Lift out all lines below that contain "Spec".

EXTRACTED RECORDS
# # # # # # #

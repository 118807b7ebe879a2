-- ===== src/Transfers/Refines.antt =====
-- personal_mcp/file_transfer.py: every call of the manager is made of the steps of Spec.
use unified_personal_mcp.Prelude.{
  stop, ℕ, ◌≡◌, refl, ap, String, Bool, true, not, List, [], ◌∷◌, ◌⊎◌, inl, inr, if-cases,
  Bool-cases, Option-cases,
}
use unified_personal_mcp.Transfers.State.{
  Code, Result, ok, err, and_then, Transfer, Limits, Manager, Look, Argument, fitting, Args, Reply,
}
use unified_personal_mcp.Transfers.Cache.{
  World, put_transfer, remove_staged, discard_transfer, discard_all,
}
use unified_personal_mcp.Transfers.Steps.{
  Same, HasRoom, capacity-cases, allocate-cases, remove_staged-cases, discard_transfer-cases,
}
use unified_personal_mcp.Transfers.Spec.{
  Aim, beginning, MayGo, same, dropped, began, Steps, one_step, Steps-trans,
}
use unified_personal_mcp.Transfers.Upload.{
  target, new_upload, text_of, add_transfer, begin_target, begin_checked, upload_begin,
}

pub Result-cases {ℓ} :
    {A : Type ℓ} (r : Result A) → ((code : Code) × (r ≡ err code)) ⊎ ((a : A) × (r ≡ ok a))
Result-cases (err code) = inl (code, refl)
Result-cases (ok a) = inr (a, refl)

module _ (w : World) (l : Limits) (aim : Aim) where
  -- Steps from a manager to that of a result.
  abbrev pub Goes {ℓ} : {A : Type ℓ} → Manager → Result A × Manager → Type 0
  Goes m r = Steps w l aim m r.1

  -- The same for the reply of an action.
  abbrev pub Replies : Manager → Result Reply × Manager → Type 0
  Replies m r = Steps w l aim m r.1

  pub Same-Steps : (m n : Manager) → Same m n → Steps w l aim m n
  Same-Steps m n s = one_step w l aim m n (same s.0 s.1)

  pub Goes-and_then {ℓ κ} :
      {A : Type ℓ} {B : Type κ} (m : Manager) (r : Result A × Manager)
      (f : A → Manager → Result B × Manager)
      → Goes m r
      → ((a : A) (n : Manager) → Steps w l aim m n → Goes n (f a n))
      → Goes m (and_then r f)
  Goes-and_then m (err code, n) f p q = p
  Goes-and_then m (ok a, n) f p q = Steps-trans w l aim m n (f a n).1 p (q a n p)

  pub Goes-remove_staged : (name : String) (m : Manager) → Goes m (remove_staged w name m)
  Goes-remove_staged name m =
      remove_staged-cases w name m (λ r. Goes m r) (λ r n s. Same-Steps m n s)

  pub Goes-discard : (t : Transfer) (m : Manager) → MayGo w aim t → Goes m (discard_transfer w t m)
  Goes-discard t m may =
      discard_transfer-cases w t m (λ r. Goes m r)
        (λ r n s. one_step w l aim m n (dropped t may s.0 s.1))

  pub Goes-discard_all :
      (test : Transfer → Bool) (ts : List Transfer) (m : Manager)
      → ((t : Transfer) → test t ≡ true → MayGo w aim t)
      → Goes m (discard_all w test ts m)
  unfolding discard_all
  Goes-discard_all test [] m may = stop m m refl
  Goes-discard_all test (t ∷ ts) m may = elim (Bool-cases (test t)) [
    | inr e ↦ rw (e, discard_all) (Goes-discard_all test ts m may)
    | inl e ↦
        rw (e, discard_all)
          (Goes-and_then m (discard_transfer w t m) (λ _ after. discard_all w test ts after)
            (Goes-discard t m (may t e)) (λ _ n _. Goes-discard_all test ts n may))
  ]

  -- Room is as much as the transfers leave.
  pub HasRoom-Same :
      (owner : String) (size : ℕ) (m n : Manager)
      → Same m n
      → HasRoom w l owner size m
      → HasRoom w l owner size n
  HasRoom-Same owner size m n s h = rw (s.0) h

  Goes-begin_target :
      (owner : String) (runtime size : ℕ) (digest : String) (path : Argument String)
      (look : Result Look) (m : Manager)
      → aim ≡ beginning owner runtime
      → HasRoom w l owner size m
      → Goes m (begin_target w l owner runtime size digest path look m)
  unfolding begin_target add_transfer
  Goes-begin_target owner runtime size digest path (err code) m begins room = stop m m refl
  Goes-begin_target owner runtime size digest path (ok look) m begins room =
      allocate-cases w l size m
        (λ r. Goes m (
          and_then r (λ (key, staged) after.
            add_transfer w l
              (new_upload w owner runtime (text_of path) look key staged size
                (w.codec.lower digest))
              after)))
        (λ code n s. Same-Steps m n s)
        (λ key staged n (s, _, _, _).
          let t =
            new_upload w owner runtime (text_of path) look key staged size (w.codec.lower digest) in
          one_step w l aim m (add_transfer w l t n).1
            (began t begins room refl refl (ap (λ ts. put_transfer t ts) s.0) s.1))

  Goes-begin_checked :
      (owner : String) (runtime size : ℕ) (digest : String) (path : Argument String) (m : Manager)
      → aim ≡ beginning owner runtime
      → Goes m (begin_checked w l owner runtime size digest path m)
  unfolding begin_checked
  Goes-begin_checked owner runtime size digest path m begins =
      capacity-cases w l owner size m
        (λ r. Goes m (
          and_then r (λ _ seen.
            begin_target w l owner runtime size digest path (target w.look path seen.project)
              seen)))
        (λ code n s _. Same-Steps m n s)
        (λ n s _ room. Steps-trans w l aim m n _ (Same-Steps m n s) (
          Goes-begin_target owner runtime size digest path (target w.look path n.project) n begins
            (HasRoom-Same owner size m n s room)))

  pub Goes-upload_begin :
      (owner : String) (runtime : ℕ) (args : Args) (m : Manager)
      → aim ≡ beginning owner runtime
      → Goes m (upload_begin w l owner runtime args m)
  unfolding upload_begin begin_checked
  Goes-upload_begin owner runtime args m begins = elim (Option-cases (fitting args.size)) [
    | inl e ↦ rw (e, upload_begin) (stop m m refl)
    | inr (size, e) ↦ elim (Option-cases (fitting args.sha256)) [
      | inl f ↦ rw (e, f, upload_begin) (stop m m refl)
      | inr (digest, f) ↦
          rw (e, f, upload_begin)
            (if-cases (Replies m) (not (w.codec.is_sha256 digest)) (λ _. stop m m refl)
              (λ _. Goes-begin_checked owner runtime size digest args.path m begins))
    ]
  ]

# # # # # # #

ANSWER TO THIS TASK
-- personal_mcp/file_transfer.py: every call of the manager is made of the steps of Spec.
use unified_personal_mcp.Transfers.Spec.{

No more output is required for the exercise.